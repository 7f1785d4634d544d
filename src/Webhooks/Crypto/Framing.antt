-- ===== src/Webhooks/Crypto/Framing.antt =====
-- A callback that is encrypted and decrypted, of backend/poi_admin/webhooks/crypto.py.
use poi_hub.Base.{
  ℕ, suc, ◌+◌, ◌-◌, ◌^◌, ◌<◌, String, ◌≡◌, refl, subst, ◌∙◌, Option-cases, Bool-cases, inl, inr,
  false, true, some, List, ◌++◌, leb, ltb, arith, eq_refl,
}
use Prim.Native.Nat.{◌%◌}
use poi_hub.Base.Rows.{length}
use poi_hub.Base.Bytes.{
  take, drop, replicate, same_bytes_refl, length-append, length-replicate, take-append, drop-append,
  append_assoc, last-append_replicate,
}
use poi_hub.Webhooks.Crypto.{
  Codecs, key_of, unpad, padded, pack, unpack, frame, encrypt_message, unframe, decrypt_message,
  is_ascii, compare_digest,
}

unpack-pack : (n : ℕ) → n < 2 ^ 32 → unpack (pack n) ≡ n
unfolding unpack pack
unpack-pack n h = omega (arith, h)

unpad-replicate :
    (raw : List ℕ) (k : ℕ) → k < 32 → unpad (raw ++ replicate (suc k) (suc k)) ≡ some raw
unfolding unpad
unpad-replicate raw k h =
    rw
      (
        unpad,
        last-append_replicate raw k (suc k),
        whole,
        drop-append raw (replicate (suc k) (suc k)),
        take-append raw (replicate (suc k) (suc k)),
        same_bytes_refl (replicate k (suc k)),
      )
      (ground arith)
  where
    whole : length (raw ++ replicate (suc k) (suc k)) - suc k ≡ length raw
    whole =
        omega
          (arith, length-append raw (replicate (suc k) (suc k)), length-replicate (suc k) (suc k))

unpad-padded : (raw : List ℕ) → unpad (padded raw) ≡ some raw
unfolding padded
unpad-padded raw = with_pad (31 - length raw % 32) (omega arith) (omega arith)
  where
    with_pad :
        (k : ℕ)
        → 32 - length raw % 32 ≡ suc k
        → k < 32
        → unpad (raw ++ replicate (32 - length raw % 32) (32 - length raw % 32)) ≡ some raw
    with_pad k e h = rw e (unpad-replicate raw k h)

length-pack : (n : ℕ) → length (pack n) ≡ 4
unfolding pack
length-pack n = refl

drop-at : (n : ℕ) (xs ys : List ℕ) → length xs ≡ n → drop n (xs ++ ys) ≡ ys
drop-at n xs ys e = rw (← e) (drop-append xs ys)

take-at : (n : ℕ) (xs ys : List ℕ) → length xs ≡ n → take n (xs ++ ys) ≡ xs
take-at n xs ys e = rw (← e) (take-append xs ys)

-- a frame with these parts
unframe-parts :
    (f message app_id : List ℕ)
    → unpack (take 4 (drop 16 f)) ≡ length message
    → drop 20 f ≡ message ++ app_id
    → drop (20 + length message) f ≡ app_id
    → length f ≡ 20 + (length message + length app_id)
    → unframe f ≡ some (message, app_id)
unfolding unframe
unframe-parts f message app_id size from_message from_app total =
    rw
      (
        unframe,
        size,
        from_message,
        from_app,
        take-at (20 + length message - 20) message app_id (omega arith),
        long,
        whole,
      )
      refl
  where
    long : ltb (length f) 20 ≡ false
    long = ground (arith, total)

    whole : ltb (length f) (20 + length message) ≡ false
    whole = ground (arith, total)

unframe-frame :
    (random message app_id : List ℕ)
    → length random ≡ 16
    → length message < 2 ^ 32
    → unframe (frame random message app_id) ≡ some (message, app_id)
unfolding frame
unframe-frame random message app_id sixteen short =
    unframe-parts (random ++ (p ++ (message ++ app_id))) message app_id size
      (subst (λ f. drop 20 f ≡ message ++ app_id) (append_assoc random p (message ++ app_id))
        (drop-at 20 (random ++ p) (message ++ app_id) head))
      (subst (λ f. drop (20 + length message) f ≡ app_id) joined
        (drop-at (20 + length message) ((random ++ p) ++ message) app_id prefix))
      total
  where
    p : List ℕ
    p = pack (length message)

    head : length (random ++ pack (length message)) ≡ 20
    head =
        omega (
          arith,
          length-append random (pack (length message)),
          length-pack (length message),
          sixteen,
        )

    size :
        unpack (take 4 (drop 16 (random ++ (pack (length message) ++ (message ++ app_id)))))
        ≡ length message
    size =
        rw
          (
            drop-at 16 random (pack (length message) ++ (message ++ app_id)) sixteen,
            take-at 4 (pack (length message)) (message ++ app_id) (length-pack (length message)),
          )
          (unpack-pack (length message) short)

    prefix : length ((random ++ pack (length message)) ++ message) ≡ 20 + length message
    prefix = omega (arith, length-append (random ++ pack (length message)) message, head)

    joined :
        ((random ++ pack (length message)) ++ message) ++ app_id
        ≡ random ++ (pack (length message) ++ (message ++ app_id))
    joined =
        append_assoc (random ++ pack (length message)) message app_id
        ∙ append_assoc random (pack (length message)) (message ++ app_id)

    total :
        length (random ++ (pack (length message) ++ (message ++ app_id)))
        ≡ 20 + (length message + length app_id)
    total = omega (
      arith,
      sixteen,
      length-pack (length message),
      length-append random (pack (length message) ++ (message ++ app_id)),
      length-append (pack (length message)) (message ++ app_id),
      length-append message app_id,
    )

-- what the cipher gets of a message for an application
unfoldable pub plaintext : Codecs → List ℕ → String → String → List ℕ
unfolding padded frame
plaintext c random message app_id = padded (frame random (c.utf8 message) (c.utf8 app_id))

compare_same : (s : String) → is_ascii s ≡ true → compare_digest s s ≡ some true
unfolding compare_digest
compare_same s h = rw (compare_digest, h, eq_refl s) refl

-- What the libraries are relied on for, with a message for an application: each decoding undoes its
-- encoding, under every key.
pub record IsFaithful (c : Codecs) (random : List ℕ) (message app_id : String) : Type 0 where
  pub utf8 : c.of_utf8 (c.utf8 message) ≡ some message
  pub utf8_app : c.of_utf8 (c.utf8 app_id) ≡ some app_id
  pub base64 :
      (key : List ℕ)
      → c.of_base64 (c.base64 (c.aes key (plaintext c random message app_id)))
        ≡ some (c.aes key (plaintext c random message app_id))
  pub aes :
      (key : List ℕ)
      → c.of_aes key (c.aes key (plaintext c random message app_id))
        ≡ some (plaintext c random message app_id)

-- A message that is encrypted for an application under a key is read back by that application under the
-- same key, whatever 16 bytes were drawn, if the id of the application is ASCII and the libraries'
-- decodings undo their encodings of the message.
pub decrypt_message-encrypt_message :
    (c : Codecs) (random : List ℕ) (message aes_key app_id encrypted : String)
    → IsFaithful c random message app_id
    → is_ascii app_id ≡ true
    → length random ≡ 16
    → encrypt_message c random message aes_key app_id ≡ some encrypted
    → decrypt_message c encrypted aes_key app_id ≡ some message
unfolding encrypt_message decrypt_message plaintext
decrypt_message-encrypt_message c random message aes_key app_id encrypted f ascii sixteen e =
    elim (Option-cases (key_of c aes_key)) [
      | inl none' ↦ absurd (ground arith)
      | inr (key, keyed) ↦ elim (Bool-cases (leb (2 ^ 32) (length (c.utf8 message)))) [
        | inl long ↦ absurd (ground arith)
        | inr short ↦
            let made : encrypted
                ≡ c.base64 (c.aes key (padded (frame random (c.utf8 message) (c.utf8 app_id)))) =
              ground arith in
            let small : length (c.utf8 message) < 2 ^ 32 = ground arith in
            rw
              (
                made,
                decrypt_message,
                keyed,
                f.base64 key,
                f.aes key,
                unpad-padded (frame random (c.utf8 message) (c.utf8 app_id)),
                unframe-frame random (c.utf8 message) (c.utf8 app_id) sixteen small,
                f.utf8,
                f.utf8_app,
                compare_same app_id ascii,
              )
              refl
      ]
    ]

=-=-=

Exercise: What belongs in the answer is each line from the listing above that contains "ground".

Exercise answer:
      (ground arith)
    long = ground (arith, total)
    whole = ground (arith, total)
      | inl none' ↦ absurd (ground arith)
        | inl long ↦ absurd (ground arith)
              ground arith in
            let small : length (c.utf8 message) < 2 ^ 32 = ground arith in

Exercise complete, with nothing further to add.